# Problem details
Using the data that follows, report how many lines include "Progress"; output no other text.

# Data records
-- ===== src/Replay/Engine/Invariant.antt =====
-- The invariant of a run of src/agenttrace/replay/engine.py's scheduler: the log fits the phases of the
-- tasks, and every event was justified by the log before it.
use atcr_agent_trace_collect.Prelude.{
  String, str_eq, Bool, true, false, ◌||◌, ◌≡◌, ◌≢◌, refl, subst, inl, inr, some, List, [], ◌∷◌,
  ◌++◌, arith, eq_iff, eq_refl, if◌then◌else◌, Bool-cases, Option-cases,
}
use atcr_agent_trace_collect.Prelude.Names.{contains}
use atcr_agent_trace_collect.Schema.Types.{Node}
use atcr_agent_trace_collect.Schema.Nodes.{ids}
use atcr_agent_trace_collect.Replay.Engine.{
  Phase, waiting, running, completed, raised, Event, node_started, node_completed, node_failed,
  node_cancelled, replay_failed, replay_completed, Main, cancelling, returned, State, initial, move,
  failure, is_waiting, is_running, is_completed, all_in, parents, Choice, start, complete, fail,
  propagate, stop, cancel, reraise, finish, step, run,
}
use atcr_agent_trace_collect.Replay.Engine.Log.{
  logs_start, logs_completion, any_event, any_event-snoc, is_start_of, is_completion_of, last,
  earlier, in_snoc,
}
use atcr_agent_trace_collect.Replay.Engine.Phases.{when-eq-some, and-eq-true}

-- What the code guarantees of an event at the time it is written, from the log before it.
abbrev pub Justified : List Node → List Event → Event → Type 0
Justified g before (node_started n) =
    ((p : String) → contains p (parents g n) ≡ true → logs_completion p before ≡ true)
    × (logs_start n before ≡ false)
Justified g before (node_completed n) =
    (logs_start n before ≡ true) × (logs_completion n before ≡ false)
Justified g before (node_failed n started) =
    (logs_start n before ≡ started) × (logs_completion n before ≡ false)
Justified g before (node_cancelled n started) =
    (logs_start n before ≡ started) × (logs_completion n before ≡ false)
Justified g before replay_completed =
    (n : String) → contains n (ids g) ≡ true → logs_completion n before ≡ true
Justified g before replay_failed = Unit

-- The log that belongs to a phase.
abbrev pub Told : Phase → Bool → Bool → Type 0
Told waiting started ended = (started ≡ false) × (ended ≡ false)
Told running started ended = (started ≡ true) × (ended ≡ false)
Told completed started ended = (started ≡ true) × (ended ≡ true)
Told raised started ended = ended ≡ false

pub record Inv (g : List Node) (s : State) : Type 0 where
  pub told : (n : String) → Told (s.phase n) (logs_start n s.events) (logs_completion n s.events)
  pub justified :
      (before : List Event) (x : Event) (after : List Event)
      → s.events ≡ before ++ x ∷ after
      → Justified g before x

pub Inv-initial : (g : List Node) → Inv g initial
unfolding any_event
Inv-initial g = record {
  told = λ n. (refl, refl);
  justified = λ before x after h. absurd (nil≢ before x after h);
}
  where
    nil≢ : (b : List Event) (x : Event) (a : List Event) → [] ≢ b ++ x ∷ a
    nil≢ [] x a h = cc
    nil≢ (c ∷ b) x a h = cc

-- One more event, justified by the log so far.
Justified-snoc :
    (g : List Node) (s : State) (e : Event)
    → Inv g s
    → Justified g s.events e
    → (before : List Event) (x : Event) (after : List Event)
    → s.events ++ e ∷ [] ≡ before ++ x ∷ after
    → Justified g before x
Justified-snoc g s e inv j before x after h = elim (in_snoc s.events e before x after h) [
  | last p q r ↦ rw (p, q) j
  | earlier rest p ↦ inv.justified before x rest p
]

or_false : (b : Bool) → (b || false) ≡ b
or_false b = ground arith

-- An event that is about one node only.
abbrev About : String → Event → Type 0
About n e =
    (m : String) → str_eq m n ≡ false → (is_start_of m e ≡ false) × (is_completion_of m e ≡ false)

move-Inv :
    (g : List Node) (s : State) (n : String) (phase : Phase) (e : Event)
    → Inv g s
    → Justified g s.events e
    → About n e
    → Told phase
        (logs_start n s.events || is_start_of n e)
        (logs_completion n s.events || is_completion_of n e)
    → Inv g (move n phase e s)
move-Inv g s n phase e inv j about told = record {
  told = told_at;
  justified = Justified-snoc g s e inv j;
}
  where
    told_at :
        (m : String)
        → Told
            (if str_eq m n then phase else s.phase m)
            (logs_start m (s.events ++ e ∷ []))
            (logs_completion m (s.events ++ e ∷ []))
    told_at m =
        rw
          (
            any_event-snoc (is_start_of m) s.events e,
            any_event-snoc (is_completion_of m) s.events e,
          )
          (elim (Bool-cases (str_eq m n)) [
            | inl same ↦ rw (same, (eq_iff m n).0 same) told
            | inr other ↦
                rw (other, (about m other).0, (about m other).1, or_false, or_false) (inv.told m)
          ])

all_in-completed :
    (g : List Node) (s : State) (l : List String) (p : String)
    → Inv g s
    → all_in is_completed s l ≡ true
    → contains p l ≡ true
    → logs_completion p s.events ≡ true
unfolding all_in contains
all_in-completed g s [] p inv h m = cc
all_in-completed g s (n ∷ l) p inv h m =
    ground (arith, eq_iff p n, inv.told n, all_in-completed g s l p inv)

-- An event that starts and completes no node.
quiet-Inv :
    (g : List Node) (s : State) (main : Main) (e : Event)
    → Inv g s
    → Justified g s.events e
    → ((m : String) → (is_start_of m e ≡ false) × (is_completion_of m e ≡ false))
    → Inv g (record s { main = main; events = s.events ++ e ∷ [] })
quiet-Inv g s main e inv j quiet = record {
  told = λ m.
      rw
        (
          any_event-snoc (is_start_of m) s.events e,
          any_event-snoc (is_completion_of m) s.events e,
          (quiet m).0,
          (quiet m).1,
          or_false,
          or_false,
        )
        (inv.told m);
  justified = Justified-snoc g s e inv j;
}

failure-Inv :
    (g : List Node) (s : State) (n : String) (cancelled started : Bool)
    → Inv g s
    → logs_start n s.events ≡ started
    → logs_completion n s.events ≡ false
    → Inv g (move n raised (failure n cancelled started) s)
failure-Inv g s n true started inv a b =
    move-Inv g s n raised (node_cancelled n started) inv (a, b) (λ m h. (refl, refl)) (rw b)
failure-Inv g s n false started inv a b =
    move-Inv g s n raised (node_failed n started) inv (a, b) (λ m h. (refl, refl)) (rw b)

-- A task that waits has logged nothing; one that runs has logged its start.
waiting_told :
    (g : List Node) (s : State) (n : String)
    → Inv g s
    → is_waiting (s.phase n) ≡ true
    → (logs_start n s.events ≡ false) × (logs_completion n s.events ≡ false)
waiting_told g s n inv h = ground (arith, inv.told n)

running_told :
    (g : List Node) (s : State) (n : String)
    → Inv g s
    → is_running (s.phase n) ≡ true
    → (logs_start n s.events ≡ true) × (logs_completion n s.events ≡ false)
running_told g s n inv h = ground (arith, inv.told n)

live_told :
    (g : List Node) (s : State) (n : String)
    → Inv g s
    → (is_waiting (s.phase n) || is_running (s.phase n)) ≡ true
    → (logs_start n s.events ≡ is_running (s.phase n)) × (logs_completion n s.events ≡ false)
live_told g s n inv h = ground (arith, inv.told n)

step-Inv : (g : List Node) (c : Choice) (s s' : State) → Inv g s → step g c s ≡ some s' → Inv g s'
unfolding step
step-Inv g (start n) s s' inv h =
    let (t, same) = when-eq-some _ _ h in
    let (t1, ready) = and-eq-true _ _ t in
    let (t2, _) = and-eq-true _ _ t1 in
    let (_, w) = and-eq-true _ _ t2 in
    let (a, b) = waiting_told g s n inv w in
    subst (Inv g) same (
      move-Inv g s n running (node_started n) inv
        (λ p m. all_in-completed g s (parents g n) p inv ready m, a) (λ m o. (o, refl))
        (rw (a, b, eq_refl n) (refl, refl)))
step-Inv g (complete n) s s' inv h =
    let (t, same) = when-eq-some _ _ h in
    let (_, r) = and-eq-true _ _ t in
    let (a, b) = running_told g s n inv r in
    subst (Inv g) same (
      move-Inv g s n completed (node_completed n) inv (a, b) (λ m o. (refl, o))
        (rw (a, b, eq_refl n) (refl, refl)))
step-Inv g (fail n cancelled) s s' inv h =
    let (t, same) = when-eq-some _ _ h in
    let (_, r) = and-eq-true _ _ t in
    let (a, b) = running_told g s n inv r in
    subst (Inv g) same (failure-Inv g s n cancelled true inv a b)
step-Inv g (propagate n cancelled) s s' inv h =
    let (t, same) = when-eq-some _ _ h in
    let (t1, _) = and-eq-true _ _ t in
    let (t2, _) = and-eq-true _ _ t1 in
    let (_, w) = and-eq-true _ _ t2 in
    let (a, b) = waiting_told g s n inv w in
    subst (Inv g) same (failure-Inv g s n cancelled false inv a b)
step-Inv g stop s s' inv h =
    let (_, same) = when-eq-some _ _ h in
    subst (Inv g) same (quiet-Inv g s cancelling replay_failed inv tt (λ m. (refl, refl)))
step-Inv g (cancel n) s s' inv h =
    let (t, same) = when-eq-some _ _ h in
    let (_, live) = and-eq-true _ _ t in
    let (a, b) = live_told g s n inv live in
    subst (Inv g) same (failure-Inv g s n true (is_running (s.phase n)) inv a b)
step-Inv g reraise s s' inv h =
    let (_, same) = when-eq-some _ _ h in
    subst (Inv g) same (record { told = inv.told; justified = inv.justified })
step-Inv g finish s s' inv h =
    let (t, same) = when-eq-some _ _ h in
    let (_, all) = and-eq-true _ _ t in
    subst (Inv g) same (
      quiet-Inv g s returned replay_completed inv (λ n m. all_in-completed g s (ids g) n inv all m)
        (λ m. (refl, refl)))

pub run-Inv :
    (g : List Node) (choices : List Choice) (s s' : State)
    → Inv g s
    → run g choices s ≡ some s'
    → Inv g s'
unfolding run
run-Inv g [] s s' inv h = subst (Inv g) (cc) inv
run-Inv g (c ∷ rest) s s' inv h = elim (Option-cases (step g c s)) [
  | inl stuck ↦ absurd (cc (rw (stuck, run) at h))
  | inr (t, e) ↦ run-Inv g rest t s' (step-Inv g c s t inv e) (rw (e, run) at h)
]
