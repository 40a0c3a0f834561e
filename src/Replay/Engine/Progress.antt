-- ===== src/Replay/Engine/Progress.antt =====
-- The scheduler of src/agenttrace/replay/engine.py never waits for ever: over a validated trace some
-- task or the gathering coroutine can always go on, and each choice brings the end nearer.
use native.Mathlib.Nat.{le_refl}
use atcr_agent_trace_collect.Prelude.{
  ℕ, ◌+◌, ◌*◌, ◌≤◌, ◌<◌, String, str_eq, true, ◌||◌, ◌≡◌, subst, inl, inr, some, List, [], ◌∷◌,
  arith, eq_iff, eq_refl, if◌then◌else◌, Bool-cases, Option-cases, length, length-map,
}
use atcr_agent_trace_collect.Prelude.Names.{contains}
use atcr_agent_trace_collect.Replay.Engine.Phases.{when-eq-some, and-eq-true}
use atcr_agent_trace_collect.Schema.Types.{Node}
use atcr_agent_trace_collect.Schema.Nodes.{ids}
use atcr_agent_trace_collect.Replay.Engine.{
  Event, Phase, waiting, running, completed, raised, Main, gathering, cancelling, returned, failed,
  State, initial, move, is_waiting, is_running, is_gathering, is_cancelling, Choice, start,
  complete, fail, propagate, stop, cancel, reraise, finish, step, run,
}

-- The steps that a task, and the gathering coroutine, may still take.
unfoldable pub left : Phase → ℕ
left waiting = 2
left running = 1
left _ = 0

unfoldable pub left_main : Main → ℕ
left_main gathering = 2
left_main cancelling = 1
left_main _ = 0

unfoldable pub left_all : State → List String → ℕ
unfolding left
left_all s [] = 0
left_all s (n ∷ l) = left (s.phase n) + left_all s l

unfoldable pub steps_left : List Node → State → ℕ
unfolding left_main left_all
steps_left g s = left_main s.main + left_all s (ids g)

left_all-le :
    (s t : State) (l : List String)
    → ((m : String) → left (t.phase m) ≤ left (s.phase m))
    → left_all t l ≤ left_all s l
unfolding left_all
left_all-le s t [] h = omega arith
left_all-le s t (n ∷ l) h = omega (arith, h n, left_all-le s t l h)

left_all-lt :
    (s t : State) (n : String) (l : List String)
    → ((m : String) → left (t.phase m) ≤ left (s.phase m))
    → left (t.phase n) < left (s.phase n)
    → contains n l ≡ true
    → left_all t l < left_all s l
unfolding left_all contains
left_all-lt s t n [] h less m = absurd (cc)
left_all-lt s t n (x ∷ l) h less m = elim (Bool-cases (str_eq n x)) [
  | inl same ↦
      let now : left (t.phase x) < left (s.phase x) =
        subst (λ y. left (t.phase y) < left (s.phase y)) ((eq_iff n x).0 same) less in
      omega (arith, now, left_all-le s t l h)
  | inr other ↦ omega (arith, h x, left_all-lt s t n l h less (rw other at m))
]

move-lt :
    (g : List Node) (s : State) (n : String) (phase : Phase) (e : Event)
    → contains n (ids g) ≡ true
    → left phase < left (s.phase n)
    → steps_left g (move n phase e s) < steps_left g s
unfolding steps_left
move-lt g s n phase e key less =
    omega (arith, left_all-lt s (move n phase e s) n (ids g) no_more (rw (eq_refl n) less) key)
  where
    no_more : (m : String) → left (if str_eq m n then phase else s.phase m) ≤ left (s.phase m)
    no_more m = elim (Bool-cases (str_eq m n)) [
      | inl same ↦ rw (same, (eq_iff m n).0 same) (omega (arith, less))
      | inr other ↦ rw other (omega arith)
    ]

main-lt :
    (g : List Node) (s : State) (main : Main) (events : List Event)
    → left_main main < left_main s.main
    → steps_left g (record s { main = main; events = events }) < steps_left g s
unfolding steps_left
main-lt g s main events less =
    omega
      (arith, left_all-le s (record s { main = main; events = events }) (ids g) (λ m. le_refl _))

gathering-left : (m : Main) → is_gathering m ≡ true → left_main m ≡ 2
unfolding left_main
gathering-left m h = ground arith

cancelling-left : (m : Main) → is_cancelling m ≡ true → left_main m ≡ 1
unfolding left_main
cancelling-left m h = ground arith

waiting-left : (p : Phase) → is_waiting p ≡ true → left p ≡ 2
unfolding left
waiting-left p h = ground arith

running-left : (p : Phase) → is_running p ≡ true → left p ≡ 1
unfolding left
running-left p h = ground arith

live-left : (p : Phase) → (is_waiting p || is_running p) ≡ true → 0 < left p
unfolding left
live-left p h = ground arith

-- Every choice that the code allows brings the end nearer.
pub step-lt :
    (g : List Node) (c : Choice) (s s' : State)
    → step g c s ≡ some s'
    → steps_left g s' < steps_left g s
unfolding step left left_main
step-lt g (start n) s s' h =
    let (t, same) = when-eq-some _ _ h in
    let (t1, _) = and-eq-true _ _ t in
    let (t2, _) = and-eq-true _ _ t1 in
    let (key, w) = and-eq-true _ _ t2 in
    subst (λ u. steps_left g u < steps_left g s) same
      (move-lt g s n running _ key (omega (arith, waiting-left _ w)))
step-lt g (complete n) s s' h =
    let (t, same) = when-eq-some _ _ h in
    let (key, r) = and-eq-true _ _ t in
    subst (λ u. steps_left g u < steps_left g s) same
      (move-lt g s n completed _ key (omega (arith, running-left _ r)))
step-lt g (fail n cancelled) s s' h =
    let (t, same) = when-eq-some _ _ h in
    let (key, r) = and-eq-true _ _ t in
    subst (λ u. steps_left g u < steps_left g s) same
      (move-lt g s n raised _ key (omega (arith, running-left _ r)))
step-lt g (propagate n cancelled) s s' h =
    let (t, same) = when-eq-some _ _ h in
    let (t1, _) = and-eq-true _ _ t in
    let (t2, _) = and-eq-true _ _ t1 in
    let (key, w) = and-eq-true _ _ t2 in
    subst (λ u. steps_left g u < steps_left g s) same
      (move-lt g s n raised _ key (omega (arith, waiting-left _ w)))
step-lt g (cancel n) s s' h =
    let (t, same) = when-eq-some _ _ h in
    let (t1, live) = and-eq-true _ _ t in
    let (key, _) = and-eq-true _ _ t1 in
    subst (λ u. steps_left g u < steps_left g s) same
      (move-lt g s n raised _ key (omega (arith, live-left _ live)))
step-lt g stop s s' h =
    let (t, same) = when-eq-some _ _ h in
    let (now, _) = and-eq-true _ _ t in
    subst (λ u. steps_left g u < steps_left g s) same
      (main-lt g s cancelling _ (omega (arith, gathering-left s.main now)))
step-lt g reraise s s' h =
    let (t, same) = when-eq-some _ _ h in
    let (now, _) = and-eq-true _ _ t in
    subst (λ u. steps_left g u < steps_left g s) same
      (main-lt g s failed s.events (omega (arith, cancelling-left s.main now)))
step-lt g finish s s' h =
    let (t, same) = when-eq-some _ _ h in
    let (now, _) = and-eq-true _ _ t in
    subst (λ u. steps_left g u < steps_left g s) same
      (main-lt g s returned _ (omega (arith, gathering-left s.main now)))

left_all-initial : (l : List String) → left_all initial l ≡ 2 * length l
unfolding left_all
left_all-initial [] = omega arith
left_all-initial (n ∷ l) = omega (arith, left_all-initial l)

run-le :
    (g : List Node) (choices : List Choice) (s s' : State)
    → run g choices s ≡ some s'
    → length choices + steps_left g s' ≤ steps_left g s
unfolding run
run-le g [] s s' h = let same : s ≡ s' = cc in rw same (omega arith)
run-le g (c ∷ rest) s s' h = elim (Option-cases (step g c s)) [
  | inl stuck ↦ absurd (cc (rw (stuck, run) at h))
  | inr (t, e) ↦ omega (arith, step-lt g c s t e, run-le g rest t s' (rw (e, run) at h))
]

-- No run of a trace with `n` nodes is longer than 2 * n + 2 choices.
pub run_bound :
    (g : List Node) (choices : List Choice) (s : State)
    → run g choices initial ≡ some s
    → length choices ≤ 2 * length g + 2
unfolding steps_left
run_bound g choices s r =
    omega (arith, run-le g choices initial s r, left_all-initial (ids g), length-map g (λ n. n.id))
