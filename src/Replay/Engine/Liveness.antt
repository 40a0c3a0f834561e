-- ===== src/Replay/Engine/Liveness.antt =====
-- The scheduler of src/agenttrace/replay/engine.py over a validated trace: some task or the
-- gathering coroutine can always go on, so that a replay whose executors return or raise ends.
use atcr_agent_trace_collect.Prelude.{
  ℕ, suc, ◌<◌, zero, String, Bool, true, false, ◌||◌, ◌≡◌, refl, ◌⊎◌, inl, inr, Option, none, some,
  List, [], ◌∷◌, arith, Bool-cases,
}
use atcr_agent_trace_collect.Prelude.Names.{contains, contains-cons_self}
use atcr_agent_trace_collect.Schema.Types.{Node}
use atcr_agent_trace_collect.Schema.Nodes.{ids}
use atcr_agent_trace_collect.Schema.Graph.{depends_on}
use atcr_agent_trace_collect.Schema.Graph.Paths.{
  Edge, Ordered, Ordered-key, contains_rest, contains_tail,
}
use atcr_agent_trace_collect.Schema.Graph.Acyclicity.{IsOrder, IsOrder-of_acyclic}
use atcr_agent_trace_collect.Schema.Validate.Structure.{IsValid}
use atcr_agent_trace_collect.Replay.Engine.{
  Phase, Main, State, initial, is_waiting, is_running, is_completed, is_raised, is_done,
  is_gathering, is_cancelling, all_in, any_in, or_empty, parents, when, Choice, start, complete,
  stop, cancel, reraise, finish, step, run,
}
use atcr_agent_trace_collect.Replay.Engine.Phases.{all_in_cases, any_in_none, all_in_every}
use atcr_agent_trace_collect.Replay.Engine.Progress.{steps_left, step-lt}

Edge-of_parent :
    (g : List Node) (x p : String) (o : Option (List String))
    → depends_on g x ≡ o
    → contains p (or_empty o) ≡ true
    → Edge g x p
unfolding contains
Edge-of_parent g x p none e m = absurd (cc)
Edge-of_parent g x p (some ps) e m = record { parents = ps; listed = e; parent = m }

-- Of the nodes in an order, either all have completed, or one has not and its dependencies have.
first_open :
    (g : List Node) (s : State) (l : List String)
    → Ordered g l
    → ((n : String) → contains n l ≡ true → is_completed (s.phase n) ≡ true)
      ⊎ ((n : String) × (contains n l ≡ true)
          × (is_completed (s.phase n) ≡ false)
          × (all_in is_completed s (parents g n) ≡ true))
unfolding contains
first_open g s [] o = inl (λ n h. absurd (cc))
first_open g s (x ∷ l) o = elim (first_open g s l o.2) [
  | inr (n, here, open_, done) ↦ inr (n, contains_tail n x l here, open_, done)
  | inl behind ↦ elim (Bool-cases (is_completed (s.phase x))) [
    | inl now ↦
        inl
          λ n h. elim (contains_rest n x l h) [ inl same ↦ rw same now | inr rest ↦ behind n rest ]
    | inr not_yet ↦ inr (
      x,
      contains-cons_self x l,
      not_yet,
      all_in_every is_completed s (parents g x)
          (λ p m. behind p (o.1 p (Edge-of_parent g x p (depends_on g x) refl m))),
    )
  ]
]

-- The gathering coroutine has neither returned nor raised.
abbrev pub is_live : Main → Bool
is_live m = is_gathering m || is_cancelling m

abbrev pub CanGoOn : List Node → State → Type 0
CanGoOn g s = (c : Choice) × (s' : State) × (step g c s ≡ some s')

allowed :
    (g : List Node) (s : State) (c : Choice) (test : Bool) (s' : State)
    → step g c s ≡ when test s'
    → test ≡ true
    → CanGoOn g s
allowed g s c test s' e t = (c, s', rw (e, t))

not_done : (p : Phase) → is_done p ≡ false → (is_waiting p || is_running p) ≡ true
not_done p h = ground arith

cancelling-goes_on : (g : List Node) (s : State) → is_cancelling s.main ≡ true → CanGoOn g s
unfolding step
cancelling-goes_on g s now = elim (all_in_cases is_done s (ids g)) [
  | inl all ↦ allowed g s reraise _ _ refl (rw (now, all))
  | inr (n, here, open_) ↦
      allowed g s (cancel n) _ _ refl (rw (here, now, not_done (s.phase n) open_))
]

open_phase :
    (p : Phase)
    → is_raised p ≡ false
    → is_completed p ≡ false
    → (is_waiting p ≡ true) ⊎ (is_running p ≡ true)
open_phase p a b = ground arith

-- A node that is open, with its dependencies completed, goes on itself.
open_node-goes_on :
    (g : List Node) (s : State) (n : String)
    → is_gathering s.main ≡ true
    → contains n (ids g) ≡ true
    → all_in is_completed s (parents g n) ≡ true
    → (is_waiting (s.phase n) ≡ true) ⊎ (is_running (s.phase n) ≡ true)
    → CanGoOn g s
unfolding step
open_node-goes_on g s n now key ready (inl w) =
    allowed g s (start n) _ _ refl (rw (key, w, now, ready))
open_node-goes_on g s n now key ready (inr r) = allowed g s (complete n) _ _ refl (rw (key, r))

gathering-goes_on :
    (g : List Node) (l : List String) (s : State)
    → IsOrder g l
    → is_gathering s.main ≡ true
    → CanGoOn g s
unfolding step
gathering-goes_on g l s order now = elim (Bool-cases (any_in is_raised s (ids g))) [
  | inl some_raised ↦ allowed g s stop _ _ refl (rw (now, some_raised))
  | inr none_raised ↦ elim (first_open g s l order.ordered) [
    | inl all ↦
        allowed g s finish _ _ refl
          (rw (now, all_in_every is_completed s (ids g) (λ n m. all n (order.every n m))))
    | inr (n, here, not_yet, ready) ↦
        let key = Ordered-key g n l order.ordered here in
        open_node-goes_on g s n now key ready
          (open_phase (s.phase n) (any_in_none is_raised s n (ids g) none_raised key) not_yet)
  ]
]

-- Over a validated trace the replay is never stuck: until the gathering coroutine has returned or
-- raised, a task that waits can start, an executor that runs can return, or the coroutine goes on.
pub replay_goes_on : (g : List Node) (s : State) → IsValid g → is_live s.main ≡ true → CanGoOn g s
replay_goes_on g s v live =
    let (l, order) = IsOrder-of_acyclic g v.known v.acyclic in
    elim (Bool-cases (is_gathering s.main)) [
      | inl now ↦ gathering-goes_on g l s order now
      | inr other ↦ cancelling-goes_on g s (ground arith)
    ]

run_from_ends :
    (g : List Node) (s : State) (n : ℕ)
    → IsValid g
    → steps_left g s < n
    → (more : List Choice) × (t : State) × (run g more s ≡ some t) × (is_live t.main ≡ false)
unfolding run
run_from_ends g s zero v bound = absurd (omega arith)
run_from_ends g s (suc n) v bound = elim (Bool-cases (is_live s.main)) [
  | inr ended ↦ ([], s, refl, ended)
  | inl live ↦
      let (c, s', e) = replay_goes_on g s v live in
      let (more, t, r, ended) = run_from_ends g s' n v (omega (arith, bound, step-lt g c s s' e)) in
      (c ∷ more, t, rw (e, run) r, ended)
]

-- From every state that a replay of a validated trace reaches, it can be brought to its end: with
-- the report returned, or with an exception raised.
pub replay_ends :
    (g : List Node) (choices : List Choice) (s : State)
    → IsValid g
    → run g choices initial ≡ some s
    → (more : List Choice) × (t : State) × (run g more s ≡ some t) × (is_live t.main ≡ false)
replay_ends g choices s v r = run_from_ends g s (suc (steps_left g s)) v (omega arith)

# Result
3